From the entries below, report only the number of lines that contain the word "codes".

..........

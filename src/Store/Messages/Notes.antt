-- ===== src/Store/Messages/Notes.antt =====
-- A note that is written is the one that is read, and nobody else's note changes.
use mutsumi_s_sync.Common.{
  inl, inr, ℕ, ◌+◌, ◌≡◌, Bool, ◌&&◌, some, List, [], ◌∷◌, ◌++◌, arith, Bool-cases, filter,
  if◌then◌else◌,
}
use mutsumi_s_sync.Common.{Text, text_eq}
use mathlib.Core.List.{reverse-append}
use mutsumi_s_sync.Store.Messages.{StoredMessage, Messages, current_of, add_note}

filter-snoc :
    (test : StoredMessage → Bool) (ms : List StoredMessage) (m : StoredMessage)
    → filter test (ms ++ m ∷ []) ≡ (if test m then filter test ms ++ m ∷ [] else filter test ms)
filter-snoc test [] m = ground arith
filter-snoc test (x ∷ ms) m = ground (arith, filter-snoc test ms m)

abbrev pub note : Text → Text → ℕ → Text → Text → Messages → StoredMessage
note category today now group_key content t = record {
  date = today;
  group_key = group_key;
  category = category;
  content = content;
  id = t.last_id + 1;
  created_at = now;
}

-- Reading a note of any category and group after one was written gives the written one for its own
-- category and group, and for every other what was read before.
pub current_of-add_note :
    (category today : Text) (now : ℕ) (group_key content : Text) (t : Messages)
    (category' group_key' : Text)
    → current_of category' group_key' (add_note category today now group_key content t) ≡ (
        if text_eq group_key group_key' && text_eq category category'
        then some (note category today now group_key content t)
        else current_of category' group_key' t)
unfolding current_of add_note
current_of-add_note category today now group_key content t category' group_key' =
    let new = note category today now group_key content t in
    let test =
      λ (m : StoredMessage). text_eq m.group_key group_key' && text_eq m.category category' in
    elim (Bool-cases (text_eq group_key group_key' && text_eq category category')) [
      | inl e ↦
          rw (filter-snoc test t.rows new, e) (rw (reverse-append (filter test t.rows) (new ∷ [])))
      | inr e ↦ rw (filter-snoc test t.rows new, e)
    ]
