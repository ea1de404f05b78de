-- ===== src/Store/State.antt =====
-- The bot's state, with a version that every write raises.
use mutsumi_s_sync.Common.{ℕ, ◌+◌, ◌≡◌, refl, Option, none, some, List, if◌then◌else◌}
use mutsumi_s_sync.Common.{Text, text_eq, text_eq_refl, Dict, get, put, remove, get-put, get-remove}

pub record CanonicalState : Type 0 where
  pub content : Text
  pub source_event_ids : List Text
  pub version : ℕ
  pub updated_at : ℕ

-- The table, by its primary key `state_key`.
abbrev pub States : Type 0
States = Dict CanonicalState

unfoldable pub get_canonical_state : Text → States → Option CanonicalState
unfolding get
get_canonical_state state_key states = get state_key states

abbrev version_of : Option CanonicalState → ℕ
version_of none = 0
version_of (some s) = s.version

unfoldable pub upsert_canonical_state : ℕ → Text → Text → List Text → States → ℕ × States
unfolding get_canonical_state put
upsert_canonical_state now state_key content source_event_ids states =
    let version = version_of (get_canonical_state state_key states) + 1 in
    (
      version,
      put state_key
          (record {
            content = content;
            source_event_ids = source_event_ids;
            version = version;
            updated_at = now;
          })
          states,
    )

unfoldable pub clear_canonical_state : Text → States → States
unfolding remove
clear_canonical_state state_key states = remove state_key states

abbrev pub versions : ℕ → Text → Text → List Text → States → CanonicalState
versions now state_key content ids states = record {
  content = content;
  source_event_ids = ids;
  version = version_of (get_canonical_state state_key states) + 1;
  updated_at = now;
}

-- A write returns the version after the one that was stored, or 1, stores the content under it at
-- its own key, and leaves every other key as it was.
pub upsert_canonical_state_lem :
    (now : ℕ) (key content : Text) (ids : List Text) (states : States) (other : Text)
    → let (version, after) = upsert_canonical_state now key content ids states in
      (version ≡ (versions now key content ids states).version)
      × (get_canonical_state other after ≡ (
          if text_eq key other
          then some (versions now key content ids states)
          else get_canonical_state other states))
unfolding upsert_canonical_state get_canonical_state
upsert_canonical_state_lem now key content ids states other =
    (refl, get-put key other (versions now key content ids states) states)

-- Clearing removes the state of its key alone, and the next write starts at version 1.
pub clear_canonical_state_lem :
    (now : ℕ) (key content : Text) (ids : List Text) (states : States) (other : Text)
    → (get_canonical_state other (clear_canonical_state key states)
        ≡ (if text_eq key other then none else get_canonical_state other states))
      × ((upsert_canonical_state now key content ids (clear_canonical_state key states)).0 ≡ 1)
unfolding clear_canonical_state get_canonical_state upsert_canonical_state
clear_canonical_state_lem now key content ids states other =
    (get-remove key other states, rw (get-remove key key states, text_eq_refl key))
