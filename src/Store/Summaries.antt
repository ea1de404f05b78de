-- ===== src/Store/Summaries.antt =====
-- The summaries of a conversation, and the boundary up to which messages are covered by one.
pub mod Coverage
use mutsumi_s_sync.Common.{
  ℕ, zero, suc, ◌+◌, ◌-◌, ◌==◌, ◌≡◌, refl, Bool, true, false, not, ◌&&◌, Option, none, some, List,
  [], ◌∷◌, ◌++◌, map,
}
use mutsumi_s_sync.Common.{Text, codes, text_eq, any, filter, take, length, leb, ltb, if◌then◌else◌}
use mutsumi_s_sync.Store.Table.{Table, insert, update, order_by}

pub record Summary : Type 0 where
  pub id : ℕ
  pub group_key : Text
  pub seq : ℕ
  pub source : Text
  pub summary : Text
  pub last_message_id : ℕ
  pub kind : Text
  pub covered_through_message_id : Option ℕ
  pub created_at : ℕ

abbrev pub Summaries : Type 0
Summaries = Table Summary

abbrev pub of_group : Text → Summaries → List Summary
of_group group_key t = filter (λ r. text_eq r.group_key group_key) t.rows

-- `COALESCE(MAX(seq), 0)`
unfoldable pub max_seq : List Summary → ℕ
max_seq [] = 0
max_seq (r ∷ rs) = let rest = max_seq rs in if leb rest r.seq then r.seq else rest

abbrev pub summary_row : ℕ → Text → Text → Text → ℕ → Text → Option ℕ → ℕ → ℕ → Summary
summary_row now group_key source summary last_message_id kind covered seq n = record {
  id = n;
  group_key = group_key;
  seq = seq;
  source = source;
  summary = summary;
  last_message_id = last_message_id;
  kind = kind;
  covered_through_message_id = covered;
  created_at = now;
}

unfoldable pub add_summary :
    ℕ → Text → Text → Text → ℕ → Text → Option ℕ → Summaries → ℕ × Summaries
unfolding max_seq
add_summary now group_key source summary last_message_id kind covered t =
    insert
      (summary_row now group_key source summary last_message_id kind covered
        (max_seq (of_group group_key t) + 1))
      t

unfoldable pub get_summaries : Text → ℕ → Summaries → List Summary
unfolding order_by
get_summaries group_key limit t = take limit (order_by (λ r. r.seq) (of_group group_key t))

abbrev id_in : List Summary → Summary → Bool
id_in chosen r = any (λ s. s.id == r.id) chosen

-- `LIMIT` with a negative number is no limit: if more is to be kept than there is, although the
-- maximum is exceeded, everything of the group goes.
unfoldable pub trim_summaries : Text → ℕ → ℕ → Summaries → ℕ × Summaries
unfolding order_by
trim_summaries group_key max_count min_count t =
    let group = of_group group_key t in
    if leb (length group) max_count
    then (0, t)
    else let oldest = order_by (λ r. r.seq) group in
      let chosen =
        if ltb (length group) min_count then oldest else take (length group - min_count) oldest in
      let after = record t { rows = filter (λ r. not (id_in chosen r)) t.rows } in
      (length t.rows - length after.rows, after)

abbrev pub covered_or_zero : Summary → ℕ
covered_or_zero r = elim r.covered_through_message_id [ none ↦ 0 | some n ↦ n ]

abbrev pub is_boundary : Text → Summary → Bool
is_boundary group_key r =
    text_eq r.group_key group_key
    && text_eq r.kind (codes "compaction")
    && elim r.covered_through_message_id [ none ↦ false | some n ↦ true ]

-- `ORDER BY covered_through_message_id DESC LIMIT 1`; of rows that cover the same, the first.
greatest : List Summary → Option Summary
greatest [] = none
greatest (r ∷ rs) =
    let rest = greatest rs in
    elim rest [
      | none ↦ some r
      | some s ↦ if leb (covered_or_zero s) (covered_or_zero r) then some r else some s
    ]

unfoldable pub get_newest_compaction_summary : Text → Summaries → Option Summary
unfolding greatest
get_newest_compaction_summary group_key t = greatest (filter (is_boundary group_key) t.rows)

unfoldable pub set_last_message_id : ℕ → ℕ → Summaries → Summaries
set_last_message_id summary_id last_message_id t =
    update (λ r. r.id == summary_id) (λ r. record r { last_message_id = last_message_id }) t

..........

COMPLETED TASK: 2